Kids will often complain that life is "unfair." They imply that there is no justice in this life, as do a great many adults. But that is simply not true.
What Justice Is
Justice is a condition that variably includes fairness, equality, integrity, consistent consequences for choices, uniform standards, transparent and clear rewards for effort and merit, and more.
Is this high standard for justice achievable in this mortal life? YES, it is, but not everywhere and not all the time. If we follow the Laws of Happiness—if we feel loved, and if we are loving and responsible—happiness is a guarantee, no matter what circumstances swirl around us. If we live congruent with those laws, the rewards are predictable. THAT is justice.
What Justice Is Not
But when people—notably our children—scream for justice, what they really mean is that they're not getting what they WANT. They demand a new phone, for example, without effort or merit, but they disregard the housing, food, safety, transportation, entertainment, and innumerable privileges and luxuries they presently enjoy—also without effort or merit. Or they insist that they are being deprived of a particular privilege that a sibling is enjoying in the moment.

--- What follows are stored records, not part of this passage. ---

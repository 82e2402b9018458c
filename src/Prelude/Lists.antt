-- ===== src/Prelude/Lists.antt =====
-- Lists measured by native numbers, and predicates on lists by recursion.
use Prim.Native.Nat.{ℕ, zero, suc, ◌+◌, ◌<◌}
use mathlib.Core.Path.{◌≡◌, refl, ap}
use mathlib.Core.Logic.{◌⊎◌, inl, inr}
use mathlib.Core.Bool.{Bool, true, false, ◌&&◌, ◌||◌}
use mathlib.Core.Option.{Option, none, some}
use mathlib.Core.List.{List, [], ◌∷◌, ◌++◌, map}
use native.Mathlib.Omega.{arith}
use sloff.Prelude.Tests.{if◌then◌else◌, Bool-cases}

module _ {ℓ} {A : Type ℓ} where
  abbrev pub length : List A → ℕ
  length [] = 0
  length (x ∷ xs) = suc (length xs)

  abbrev pub get_elem? : List A → ℕ → Option A
  get_elem? [] i = none
  get_elem? (x ∷ xs) zero = some x
  get_elem? (x ∷ xs) (suc i) = get_elem? xs i

  abbrev pub All {κ} : (A → Type κ) → List A → Type κ
  All P [] = Unit
  All P (x ∷ xs) = P x × All P xs

  unfoldable pub any : (A → Bool) → List A → Bool
  any p [] = false
  any p (x ∷ xs) = p x || any p xs

  unfoldable pub all : (A → Bool) → List A → Bool
  all p [] = true
  all p (x ∷ xs) = p x && all p xs

  -- The elements that pass the test, in order.
  unfoldable pub keep : (A → Bool) → List A → List A
  keep p [] = []
  keep p (x ∷ xs) = let rest = keep p xs in if p x then x ∷ rest else rest

  pub length-append : (xs ys : List A) → length (xs ++ ys) ≡ length xs + length ys
  length-append [] ys = omega arith
  length-append (x ∷ xs) ys = omega (arith, length-append xs ys)

module _ {A : Type 0} where
  -- Membership, by recursion: the tactics split it.
  abbrev pub In : A → List A → Type 0
  In x [] = ⊥
  In x (y ∷ ys) = (x ≡ y) ⊎ In x ys

  abbrev pub NoDup : List A → Type 0
  NoDup [] = Unit
  NoDup (x ∷ xs) = ¬ In x xs × NoDup xs

  pub In-append_left : (a : A) (xs ys : List A) → In a xs → In a (xs ++ ys)
  In-append_left a [] ys h = absurd h
  In-append_left a (x ∷ xs) ys (inl e) = inl e
  In-append_left a (x ∷ xs) ys (inr h) = inr (In-append_left a xs ys h)

  pub In-append_right : (a : A) (xs ys : List A) → In a ys → In a (xs ++ ys)
  In-append_right a [] ys h = h
  In-append_right a (x ∷ xs) ys h = inr (In-append_right a xs ys h)

  pub In-append_cases : (a : A) (xs ys : List A) → In a (xs ++ ys) → In a xs ⊎ In a ys
  In-append_cases a [] ys h = inr h
  In-append_cases a (x ∷ xs) ys (inl e) = inl (inl e)
  In-append_cases a (x ∷ xs) ys (inr h) = elim (In-append_cases a xs ys h) [
    | inl i ↦ inl (inr i)
    | inr i ↦ inr i
  ]

  pub All-In {κ} : (P : A → Type κ) (a : A) (xs : List A) → All P xs → In a xs → P a
  All-In P a [] h m = absurd m
  All-In P a (x ∷ xs) h (inl e) = rw e h.0
  All-In P a (x ∷ xs) h (inr m) = All-In P a xs h.1 m

  pub All-of_In {κ} : (P : A → Type κ) (xs : List A) → ((a : A) → In a xs → P a) → All P xs
  All-of_In P [] h = tt
  All-of_In P (x ∷ xs) h = (h x (inl refl), All-of_In P xs (λ a m. h a (inr m)))

  pub In-keep : (p : A → Bool) (a : A) (xs : List A) → In a (keep p xs) → In a xs × (p a ≡ true)
  unfolding keep
  In-keep p a [] m = absurd m
  In-keep p a (x ∷ xs) m = elim (Bool-cases (p x)) [
    | inl e ↦ elim (rw e at m) [
      | inl same ↦ (inl same, rw same e)
      | inr later ↦ let (i, t) = In-keep p a xs later in (inr i, t)
    ]
    | inr e ↦ let (i, t) = In-keep p a xs (rw e at m) in (inr i, t)
  ]

  pub In-keep_of : (p : A → Bool) (a : A) (xs : List A) → In a xs → p a ≡ true → In a (keep p xs)
  unfolding keep
  In-keep_of p a [] m t = absurd m
  In-keep_of p a (x ∷ xs) (inl same) t = let px : p x ≡ true = rw same at t in rw px (inl same)
  In-keep_of p a (x ∷ xs) (inr m) t = elim (Bool-cases (p x)) [
    | inl e ↦ rw e (inr (In-keep_of p a xs m t))
    | inr e ↦ rw e (In-keep_of p a xs m t)
  ]

  pub In-get_elem : (xs : List A) (i : ℕ) (a : A) → get_elem? xs i ≡ some a → In a xs
  In-get_elem [] i a h = cc
  In-get_elem (x ∷ xs) zero a h = inl (cc)
  In-get_elem (x ∷ xs) (suc i) a h = inr (In-get_elem xs i a h)

  pub get_elem-lt : (xs : List A) (i : ℕ) (a : A) → get_elem? xs i ≡ some a → i < length xs
  get_elem-lt [] i a h = cc
  get_elem-lt (x ∷ xs) zero a h = omega arith
  get_elem-lt (x ∷ xs) (suc i) a h = omega (arith, get_elem-lt xs i a h)

  pub get_elem_of_In : (a : A) (xs : List A) → In a xs → (i : ℕ) × (get_elem? xs i ≡ some a)
  get_elem_of_In a [] m = absurd m
  get_elem_of_In a (x ∷ xs) (inl e) = (0, rw e)
  get_elem_of_In a (x ∷ xs) (inr m) = let (i, g) = get_elem_of_In a xs m in (suc i, g)

  pub get_elem_some : (xs : List A) (i : ℕ) → i < length xs → (a : A) × (get_elem? xs i ≡ some a)
  get_elem_some [] i h = absurd (omega arith)
  get_elem_some (x ∷ xs) zero h = (x, refl)
  get_elem_some (x ∷ xs) (suc i) h = get_elem_some xs i (omega arith)

module _ {A B : Type 0} where
  pub length-map : (f : A → B) (xs : List A) → length (map f xs) ≡ length xs
  length-map f [] = refl
  length-map f (x ∷ xs) = ap suc (length-map f xs)

  pub In-map : (f : A → B) (a : A) (xs : List A) → In a xs → In (f a) (map f xs)
  In-map f a [] m = absurd m
  In-map f a (x ∷ xs) (inl e) = inl (ap f e)
  In-map f a (x ∷ xs) (inr m) = inr (In-map f a xs m)

  pub In-map_inv :
      (f : A → B) (b : B) (xs : List A) → In b (map f xs) → (a : A) × In a xs × (b ≡ f a)
  In-map_inv f b [] m = absurd m
  In-map_inv f b (x ∷ xs) (inl e) = (x, inl refl, e)
  In-map_inv f b (x ∷ xs) (inr m) = let (a, i, e) = In-map_inv f b xs m in (a, inr i, e)

  pub get_elem-inj :
      (f : A → B) (xs : List A)
      → NoDup (map f xs)
      → (i j : ℕ) (a b : A) → get_elem? xs i ≡ some a
      → get_elem? xs j ≡ some b
      → f a ≡ f b
      → i ≡ j
  get_elem-inj f [] d i j a b h k e = cc
  get_elem-inj f (x ∷ xs) d zero zero a b h k e = refl
  get_elem-inj f (x ∷ xs) d zero (suc j) a b h k e =
      let same : f x ≡ f b = cc in absurd (d.0 (rw same (In-map f b xs (In-get_elem xs j b k))))
  get_elem-inj f (x ∷ xs) d (suc i) zero a b h k e =
      let same : f x ≡ f a = cc in absurd (d.0 (rw same (In-map f a xs (In-get_elem xs i a h))))
  get_elem-inj f (x ∷ xs) d (suc i) (suc j) a b h k e = ap suc (get_elem-inj f xs d.1 i j a b h k e)

  pub NoDup-map_keep :
      (f : A → B) (p : A → Bool) (xs : List A) → NoDup (map f xs) → NoDup (map f (keep p xs))
  unfolding keep
  NoDup-map_keep f p [] d = tt
  NoDup-map_keep f p (x ∷ xs) d = elim (Bool-cases (p x)) [
    | inr g ↦ rw g (NoDup-map_keep f p xs d.1)
    | inl t ↦ rw t (
      λ m.
          let (a, i, e) = In-map_inv f (f x) (keep p xs) m in
          d.0 (rw e (In-map f a xs (In-keep p a xs i).0)),
      NoDup-map_keep f p xs d.1,
    )
  ]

In short, people scream for immediate and skewed micro-justice. But that's not how the universe works. If you plant a seed in the ground, screaming for an immediate harvest—because you really, really want it, or because you think that would be fair, considering your effort—is a foolish definition of shallow, twisted, and self-serving justice. But we do this screaming in life regularly.
There is plenty of justice in the world. We ARE rewarded for our wise and loving choices, as well as for our selfish ones. We just don't like the real definition of justice. Oh, and mercy? Abundant mercy is proven by the very fact that we are allowed to make choices at all.
Summary
Children often complain that life is unfair.
What children mean is that they’re not getting what they want.
We must teach our children what justice really is, and that genuine happiness is more important than a skewed, temporary sense of justice.